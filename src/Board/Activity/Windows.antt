-- ===== src/Board/Activity/Windows.antt =====
-- What `buildActivityMap` says of each window.
use tukan.Prelude.{
  ℕ, ◌≡◌, refl, inl, inr, Bool, true, false, Option, none, some, List, [], ◌∷◌, arith,
  if◌then◌else◌, Option-cases,
}
use tukan.Text.{Text, truthy?}
use tukan.Text.Equality.{eq_iff}
use tukan.Dict.{Dict, get, set, values, IsDistinct}
use tukan.Dict.Laws.{get-set}
use mathlib.Core.Option
use tukan.Board.Activity.{
  ActivityEntry, ActivityMap, contains, carry_forward, add_baseline, mark_changed, clear_active,
  changed_windows, build_activity_map,
}
use tukan.Board.Activity.Changes.{has_changed_pane, changed_windows-has_changed_pane, is_window}

abbrev calm : ActivityEntry → ActivityEntry
calm entry = record entry { spinning = false }

abbrev pub seen : ActivityEntry → ActivityEntry
seen entry = record entry { has_activity = false; spinning = false }

abbrev first_seen : ℕ → ActivityEntry
first_seen now = record { has_activity = false; last_change_time = now; spinning = false }

abbrev changed_at : ℕ → ActivityEntry
changed_at now = record { has_activity = true; last_change_time = now; spinning = true }

abbrev or_later {ℓ} : {A : Type ℓ} → Option A → Option A → Option A
or_later none later = later
or_later (some a) later = some a

get-carry_forward :
    (result prev : ActivityMap) (w : Text)
    → IsDistinct prev
    → get w (carry_forward result prev) ≡ or_later (Option.map calm (get w prev)) (get w result)
unfolding carry_forward get
get-carry_forward result [] w d = refl
get-carry_forward result ((i, entry) ∷ prev) w (fresh, d) = ground (
  arith,
  get-carry_forward (set i (calm entry) result) prev w d,
  get-set i w (calm entry) result,
  eq_iff i w,
)

carried_before :
    (prev : ActivityMap) (w : Text)
    → IsDistinct prev
    → get w (carry_forward [] prev) ≡ Option.map calm (get w prev)
unfolding get
carried_before prev w d = ground (arith, get-carry_forward [] prev w d)

get-add_baseline :
    (now : ℕ) (result : ActivityMap) (windows : List Text) (w : Text)
    → get w (add_baseline now result windows)
      ≡ or_later (get w result) (if contains w windows then some (first_seen now) else none)
unfolding add_baseline
get-add_baseline now result [] w = ground arith
get-add_baseline now result (i ∷ windows) w = elim (Option-cases (get i result)) [
  | inl new ↦ rw new (
      ground (
        arith,
        get-add_baseline now (set i (first_seen now) result) windows w,
        get-set i w (first_seen now) result,
        eq_iff i w,
      ))
  | inr (entry, there) ↦
      rw there (ground (arith, get-add_baseline now result windows w, eq_iff i w))
]

get-mark_changed :
    (now : ℕ) (result : ActivityMap) (windows : List Text) (w : Text)
    → get w (mark_changed now result windows)
      ≡ (if contains w windows then some (changed_at now) else get w result)
unfolding mark_changed
get-mark_changed now result [] w = refl
get-mark_changed now result (i ∷ windows) w = ground (
  arith,
  get-mark_changed now (set i (changed_at now) result) windows w,
  get-set i w (changed_at now) result,
  eq_iff i w,
)

get-clear_active :
    (active : Option Text) (result : ActivityMap) (w : Text)
    → get w (clear_active active result)
      ≡ (if is_window w active then Option.map seen (get w result) else get w result)
unfolding clear_active
get-clear_active none result w = refl
get-clear_active (some i) result w = elim (Option-cases (get i result)) [
  | inl missing ↦ ground (arith, eq_iff i w)
  | inr (entry, there) ↦ ground (arith, get-set i w (seen entry) result, eq_iff i w)
]

-- The entry of a window after a poll, from its entry before it.
abbrev pub expected : Bool → Bool → ℕ → Option ActivityEntry → Option ActivityEntry
expected changed listed now prev =
    if changed
    then some (changed_at now)
    else or_later (Option.map calm prev) (if listed then some (first_seen now) else none)

-- A window with a changed pane becomes active and spins; any other keeps its entry and stops
-- spinning; one that is seen for the first time starts idle at the time of the poll; the window that
-- the user looks at is then shown without activity. The time of the last change moves only for a
-- changed window. No window stands twice in the entries before the poll.
pub get-build_activity_map :
    (changed_panes : List Text) (pane_to_window : Dict Text) (active_window_id : Option Text)
    (prev : ActivityMap) (now : ℕ) (w : Text)
    → IsDistinct prev
    → get w (build_activity_map changed_panes pane_to_window active_window_id prev now) ≡ (
        let entry =
          expected
            (has_changed_pane pane_to_window w changed_panes)
            (contains w (values pane_to_window))
            now
            (get w prev) in
        if is_window w (truthy? active_window_id) then Option.map seen entry else entry)
unfolding build_activity_map
get-build_activity_map changed_panes pane_to_window active_window_id prev now w d =
    let carried = carry_forward [] prev in
    let listed = add_baseline now carried (values pane_to_window) in
    let marked = mark_changed now listed (changed_windows pane_to_window changed_panes) in
    rw (
      get-clear_active (truthy? active_window_id) marked w,
      get-mark_changed now listed (changed_windows pane_to_window changed_panes) w,
      get-add_baseline now carried (values pane_to_window) w,
      carried_before prev w d,
      changed_windows-has_changed_pane pane_to_window changed_panes w,
    )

—————

• _Work to complete_:
Could you return exactly the lines above from the line with "get-carry_forward (set i" to the line with "get-add_baseline now result []", both included, and nothing else?

• _Response below_:
  get-carry_forward (set i (calm entry) result) prev w d,
  get-set i w (calm entry) result,
  eq_iff i w,
)

carried_before :
    (prev : ActivityMap) (w : Text)
    → IsDistinct prev
    → get w (carry_forward [] prev) ≡ Option.map calm (get w prev)
unfolding get
carried_before prev w d = ground (arith, get-carry_forward [] prev w d)

get-add_baseline :
    (now : ℕ) (result : ActivityMap) (windows : List Text) (w : Text)
    → get w (add_baseline now result windows)
      ≡ or_later (get w result) (if contains w windows then some (first_seen now) else none)
unfolding add_baseline
get-add_baseline now result [] w = ground arith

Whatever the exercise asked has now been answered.